LIVE FROM THE HEADLINES
Did Terrorists Learn Valuable Info from the Blackout?
Aired August 15, 2003 - 19:20 ET
THIS IS A RUSH TRANSCRIPT. THIS COPY MAY NOT BE IN ITS FINAL FORM AND MAY BE UPDATED.
ANDERSON COOPER, CNN ANCHOR: Has the power blackout given terrorists an idea. That's the question we're going to ask our next guest. Perhaps has it given them an idea and an opportunity?
Let's bring in Jamie Metzel into the conversation. He is the project director for the Council on Foreign Relations Independent Task Force on Emergency Responders.
We appreciate you joining us.
JAMIE METZEL, COUNCIL ON FOREIGN RELATIONS: Pleasure to be here.
COOPER: Terrorists watching this, what have they just learned?
METZEL: Well, the terrorists have learned there are key nodes in our network of critical infrastructure that are highly vulnerable. And that if they can identify those nodes and hit them they can inflict a lot of damage on us.
COOPER: Has this pointed out key vulnerabilities that, a) maybe we didn't know about before or we did know or at least we should have known about before?
METZEL: Well, we know that we have key vulnerabilities not only in the electrical grid, but in many other areas.
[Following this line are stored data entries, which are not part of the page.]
-- ===== src/WitnessAddrs/Items.antt =====
-- The items of `witness_addrs`, level by level.
use incrementalmerkletree.Prelude.{
  ℕ, zero, suc, ◌+◌, ◌/◌, ◌%◌, ◌<◌, ◌≡◌, refl, arith, some, none, List, [], ◌-◌, ◌≤◌, ap₂, ◌∙◌, ◌∷◌,
  if◌then◌else◌, ◌==◌, bit_xor, ap,
}
use incrementalmerkletree.Prelude.Bits.{bit_and-one}
use incrementalmerkletree.Retention.{Source, past, future}
use incrementalmerkletree.Level.{Level}
use incrementalmerkletree.Position.{Position}
use incrementalmerkletree.Address.{Address}
use incrementalmerkletree.WitnessAddrs.{WitnessAddrsIter, next, collect, witness_addrs}

-- `n` steps up from the node of level `l` and index `q`, after `c` ommers.
unfoldable pub path_items : ℕ → ℕ → ℕ → ℕ → List (Address × Source)
path_items zero l q c = []
path_items (suc n) l q c =
    (record { level = l; index = bit_xor q 1 }, (if q % 2 == 1 then past c else future))
    ∷ path_items n (suc l) (q / 2) (c + q % 2)

abbrev pub iter_at : ℕ → ℕ → ℕ → ℕ → WitnessAddrsIter
iter_at l q c end = record {
  root_level = end;
  current = record { level = l; index = q };
  ommer_count = c;
}

next_eq :
    (l q c end : ℕ)
    → l < end
    → end < 256
    → c < 255
    → next (iter_at l q c end)
      ≡ some (
        (record { level = l; index = bit_xor q 1 }, (if q % 2 == 1 then past c else future)),
        iter_at (suc l) (q / 2) (c + q % 2) end,
      )
unfolding next
next_eq l q c end h top room = ground (arith, bit_and-one q)

next_end : (q c end : ℕ) → next (iter_at end q c end) ≡ none
unfolding next
next_end q c end = ground arith

collect_end : (more q c end : ℕ) → collect more (iter_at end q c end) ≡ []
unfolding collect
collect_end zero q c end = refl
collect_end (suc more) q c end = rw (next_end q c end, collect) refl

-- Calls beyond the number of levels yield no more items.
collect_eq :
    (n more l q c end : ℕ)
    → l + n ≡ end
    → end < 256
    → c + n < 256
    → collect (n + more) (iter_at l q c end) ≡ path_items n l q c
unfolding collect path_items
collect_eq zero more l q c end e top room =
    ap₂ (λ (k m : ℕ). collect k (iter_at m q c end))
      (let same : 0 + more ≡ more = omega arith in same) (let last : l ≡ end = omega arith in last)
    ∙ collect_end more q c end
collect_eq (suc n) more l q c end e top room =
    let calls : suc n + more ≡ suc (n + more) = omega arith in
    ap (λ k. collect k (iter_at l q c end)) calls
    ∙ (rw (next_eq l q c end (omega arith) top (omega arith), collect)
        (ap
          (λ (t : List (Address × Source)).
            (record { level = l; index = bit_xor q 1 }, (if q % 2 == 1 then past c else future))
            ∷ t)
          (collect_eq n more (suc l) (q / 2) (c + q % 2) end (omega arith) top (omega arith))))

-- Enough calls of the iterator from the leaf up.
path_eq :
    (p : Position) (root_level calls : ℕ)
    → root_level < 256
    → root_level ≤ calls
    → collect calls (iter_at 0 p 0 root_level) ≡ path_items root_level 0 p 0
path_eq p root_level calls h le =
    let all : calls ≡ root_level + (calls - root_level) = omega arith in
    ap (λ k. collect k (iter_at 0 p 0 root_level)) all
    ∙ collect_eq root_level (calls - root_level) 0 p 0 root_level (omega arith) h (omega arith)

pub witness_addrs_items :
    (p : Position) (root_level : Level)
    → root_level < 256
    → witness_addrs p root_level ≡ path_items root_level 0 p 0
unfolding witness_addrs
witness_addrs_items p root_level h = path_eq p root_level root_level h (omega arith)

-- For a root level below 256 the authentication path of a position is the list of the siblings
-- on the way up, each past one with the number of past ones before it; and the iterator is
-- exhausted then: however many more calls are made, it yields these items.
pub witness_addrs_eq :
    (p : Position) (root_level : Level) (calls : ℕ)
    → root_level < 256
    → root_level ≤ calls
    → (witness_addrs p root_level ≡ path_items root_level 0 p 0)
      × (collect calls (iter_at 0 p 0 root_level) ≡ path_items root_level 0 p 0)
witness_addrs_eq p root_level calls h le =
    (witness_addrs_items p root_level h, path_eq p root_level calls h le)

pub items_odd :
    (n l q c : ℕ)
    → q % 2 ≡ 1
    → path_items (suc n) l q c
      ≡ (record { level = l; index = bit_xor q 1 }, past c) ∷ path_items n (suc l) (q / 2) (suc c)
unfolding path_items
items_odd n l q c odd = let next_count : c + 1 ≡ suc c = omega arith in rw (odd, next_count) refl

pub items_even :
    (n l q c : ℕ)
    → q % 2 ≡ 0
    → path_items (suc n) l q c
      ≡ (record { level = l; index = bit_xor q 1 }, future) ∷ path_items n (suc l) (q / 2) c
unfolding path_items
items_even n l q c even = let same_count : c + 0 ≡ c = omega arith in rw (even, same_count) refl

pub items_zero : (l q c : ℕ) → path_items zero l q c ≡ []
unfolding path_items
items_zero l q c = refl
Our public health system is not in great shape. Our chemical facilities aren't adequately protected. So we've known that we've had these key vulnerabilities.
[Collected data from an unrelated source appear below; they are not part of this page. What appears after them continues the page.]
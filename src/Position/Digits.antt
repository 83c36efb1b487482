-- ===== src/Position/Digits.antt =====
-- The operations on a position, in terms of its binary digits.
use native.Mathlib.Nat.{div-add-mod, mod-lt, mod-eq_of_lt, mod-add-mod, mod_self}
use incrementalmerkletree.Prelude.{
  ℕ, zero, suc, ◌+◌, ◌-◌, ◌*◌, ◌/◌, ◌%◌, ◌^◌, ◌≤◌, ◌<◌, ◌≡◌, refl, arith, true, false, ◌↔◌, bit_and,
  shl, shl-lt, shr-lt, leading_zeros, bits_used, bits_used-le, bits_used-le_of_lt, lt-pow-bits_used,
  pow_double, pow_pos, pow_mono, div_pow_suc, half_div_pow, div_pow_zero, length, filter, ◌==◌, inl,
  inr, ap, ap₂, lt_or_le, ◌∙◌, sym,
}
use incrementalmerkletree.Prelude.Bits.{bit_and_step, bit_and-one}
use incrementalmerkletree.Level.{range, iter_to}
use incrementalmerkletree.Position.{
  Position, root_level, is_complete_subtree, past_ommer_count, has_ommer_at, is_right_child, any,
}

-- The number of set digits among the lowest `n`.
abbrev pub ones : ℕ → ℕ → ℕ
ones zero q = 0
ones (suc n) q = q % 2 + ones n (q / 2)

pub root_level_eq : (p : Position) → root_level p ≡ bits_used 64 p
unfolding root_level leading_zeros
root_level_eq p = omega (arith, bits_used-le 64 p)

-- The root level of a position of 64 bits is the height of the smallest tree that has a leaf
-- there.
pub root_level-least : (p : Position) (k : ℕ) → p < 2 ^ 64 → (root_level p ≤ k) ↔ (p < 2 ^ k)
root_level-least p k h = rw root_level_eq (there, (λ lt. bits_used-le_of_lt 64 p k lt))
  where
    there : bits_used 64 p ≤ k → p < 2 ^ k
    there le = omega (arith, lt-pow-bits_used 64 p h, pow_mono (bits_used 64 p) k le)

pub is_right_child_iff : (p : Position) → (is_right_child p ≡ true) ↔ (p % 2 ≡ 1)
unfolding is_right_child
is_right_child_iff p = ground (arith, bit_and-one p)

has_ommer_at_eq : (p : Position) (i : ℕ) → i < 64 → has_ommer_at p i ≡ (p / 2 ^ i % 2 == 1)
unfolding has_ommer_at
has_ommer_at_eq p i h = rw (shr-lt p i h, bit_and-one) refl

count_ones :
    (n a : ℕ) (p : Position)
    → a + n ≤ 64
    → length (filter (has_ommer_at p) (range a n)) ≡ ones n (p / 2 ^ a)
count_ones zero a p h = refl
count_ones (suc n) a p h =
    rw (has_ommer_at_eq p a (omega arith))
      (ground (arith, count_ones n (suc a) p (omega arith), div_pow_suc p a))

past_ommer_count-ones : (p : Position) → past_ommer_count p ≡ ones (root_level p) p
unfolding past_ommer_count iter_to
past_ommer_count-ones p = rw (root_level_eq p) (
    count_ones (bits_used 64 p - 0) 0 p (omega (arith, bits_used-le 64 p))
    ∙ ap₂ ones (omega arith) (div_pow_zero p))

-- Digits beyond the last set one count nothing.
ones_stable : (n m q : ℕ) → q < 2 ^ n → q < 2 ^ m → ones n q ≡ ones m q
ones_stable zero zero q h k = refl
ones_stable zero (suc m) q h k =
    let e : q ≡ 0 = omega arith in
    rw e (omega (arith, ones_stable zero m 0 (omega arith) (omega (arith, pow_pos m))))
ones_stable (suc n) zero q h k =
    let e : q ≡ 0 = omega arith in
    rw e (omega (arith, ones_stable n zero 0 (omega (arith, pow_pos n)) (omega arith)))
ones_stable (suc n) (suc m) q h k =
    omega
      (arith, ones_stable n m (q / 2) (omega (arith, pow_double n)) (omega (arith, pow_double m)))

-- The number of past ommers of a position of 64 bits is the number of set digits among its 64
-- binary digits.
pub past_ommer_count_eq : (p : Position) → p < 2 ^ 64 → past_ommer_count p ≡ ones 64 p
past_ommer_count_eq p h =
    past_ommer_count-ones p
    ∙ ones_stable (root_level p) 64 p ((root_level-least p (root_level p) h).0 (omega arith)) h

-- `p & (1 << l)` keeps digit `l` alone.
bit_and-pow : (l p : ℕ) → bit_and p (2 ^ l) ≡ p / 2 ^ l % 2 * 2 ^ l
bit_and-pow zero p = omega (arith, bit_and-one p)
bit_and-pow (suc l) p =
    let halved : 2 ^ suc l / 2 ≡ 2 ^ l = omega (arith, pow_double l) in
    rw (bit_and_step p (2 ^ suc l), halved, bit_and-pow l (p / 2), half_div_pow p l)
      (omega (arith, pow_double l, ap (λ (t : ℕ). p / 2 ^ suc l % 2 * t) (pow_double l)))

mod_pow_suc : (x n : ℕ) → x % 2 ^ suc n ≡ x / 2 % 2 ^ n * 2 + x % 2
mod_pow_suc x n = omega (
  arith,
  div-add-mod x (2 ^ suc n),
  rw (half_div_pow x n) at (div-add-mod (x / 2) (2 ^ n)),
  ap (λ (t : ℕ). t * (x / 2 ^ suc n)) (pow_double n),
)

digit_clear : (a : ℕ) (p : Position) → a < 64 → (bit_and p (shl 1 a) == 0) ≡ (p / 2 ^ a % 2 == 0)
digit_clear a p h =
    let fits : 1 * 2 ^ a < 2 ^ 64 = omega (arith, pow_mono a 63 (omega arith)) in
    let one : 1 * 2 ^ a ≡ 2 ^ a = omega arith in
    rw (shl-lt 1 a h fits, one, bit_and-pow a p) (ground (arith, pow_pos a, positive))
  where
    positive : p / 2 ^ a % 2 ≡ 1 → p / 2 ^ a % 2 * 2 ^ a ≡ 2 ^ a
    positive e = rw e (omega arith)

complete_from :
    (n a : ℕ) (p : Position)
    → a + n ≤ 64
    → (any (λ l. bit_and p (shl 1 l) == 0) (range a n) ≡ false) ↔ (p / 2 ^ a % 2 ^ n + 1 ≡ 2 ^ n)
complete_from zero a p h = ((λ _. omega arith), (λ _. refl))
complete_from (suc n) a p h = rw (digit_clear a p (omega arith)) (
    ground (
      arith,
      complete_from n (suc a) p (omega arith),
      div_pow_suc p a,
      mod_pow_suc (p / 2 ^ a) n,
      pow_double n,
      mod-lt (p / 2 ^ suc a) {m = 2 ^ n} (pow_pos n),
    ))

-- The leaf at a position completes a subtree of a level, at most 64, exactly when the leaves
-- up to it fill a whole number of such subtrees.
pub is_complete_subtree_iff :
    (p : Position) (l : ℕ) → l ≤ 64 → (is_complete_subtree p l ≡ true) ↔ ((p + 1) % 2 ^ l ≡ 0)
unfolding is_complete_subtree
is_complete_subtree_iff p l h =
    let whole : l - 0 ≡ l = omega arith in
    rw whole (ground (arith, rw (div_pow_zero p) at (complete_from l 0 p (omega arith)), mod_next))
  where
    mod_next : (p % 2 ^ l + 1 ≡ 2 ^ l) ↔ ((p + 1) % 2 ^ l ≡ 0)
    mod_next = elim (lt_or_le (p % 2 ^ l + 1) (2 ^ l)) [
      | inl lt ↦ (
        (λ e. absurd (omega arith)),
        (λ e. absurd (omega (arith, sym (mod-eq_of_lt lt) ∙ mod-add-mod p (2 ^ l) 1 ∙ e))),
      )
      | inr le ↦
          let full : p % 2 ^ l + 1 ≡ 2 ^ l = omega (arith, mod-lt p {m = 2 ^ l} (pow_pos l)) in
          ((λ _. rw (← mod-add-mod, full) (mod_self (2 ^ l))), (λ _. full))
    ]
But what this has shown us yet again is how vulnerable we are. And that's why the United States needs to engage in an overarching systematic threat and vulnerability analysis so that we can identify our key areas of vulnerability and begin a long, difficult and expensive process of correcting those vulnerabilities.
COOPER: John King in Washington, go ahead.
JOHN KING, CNN SR. WHITE HOUSE CORRESPONDENT: If I could jump in. I'd like to ask a question. You say a long and expensive process, sir. Some say which is the more important, in security, of visible police presence around power plants, especially nuclear power plants, or investments in the technology that would create the firewalls that obviously did not exist when this all cascaded yesterday?
METZEL: Well, it's not an either or. We need both. But what we need to do is have a process for determining how to allocate our scarce and limited resources.
We need security, we need technological investment. We have many vulnerabilities, not only in the electrical grid. We need a better, less politicized process for figuring out where our greatest vulnerabilities are and that will allow us to better spend our limited resources.
COOPER: John, you raise an interesting point. Jamie, you just said we need a less politicized process. But as John King well knows, I mean, this will end up being all about politics.
John, where is the money going to come from according to Republicans and according to Democrats?
KING: Well, it depends on what we're talking about in terms of the money. In terms of improving the grid, if you're talking about more technology, more transmission lines and even more power plants, that money will come from a number of places.
The states, of course, say they don't any money. They're all broke right now. And so they say the federal government should put up most of the money.
To anyone watching at home, this is one of the reasons this is not done. The reason this is delayed time and time again is because everyone knows when it is done at least some of the money, and many say the bulk of the money, will come out of individual's electricity Bills and that is a tough sell for the utility companies and it is a tough sell for the politicians.
There are debates -- NIMBY, not in my back yard -- about where you build these things. It is an incredibly complicated issue.
COOPER: Absolutely. Jamie Metzel, appreciate you joining us and John King, as well. Thank you very much.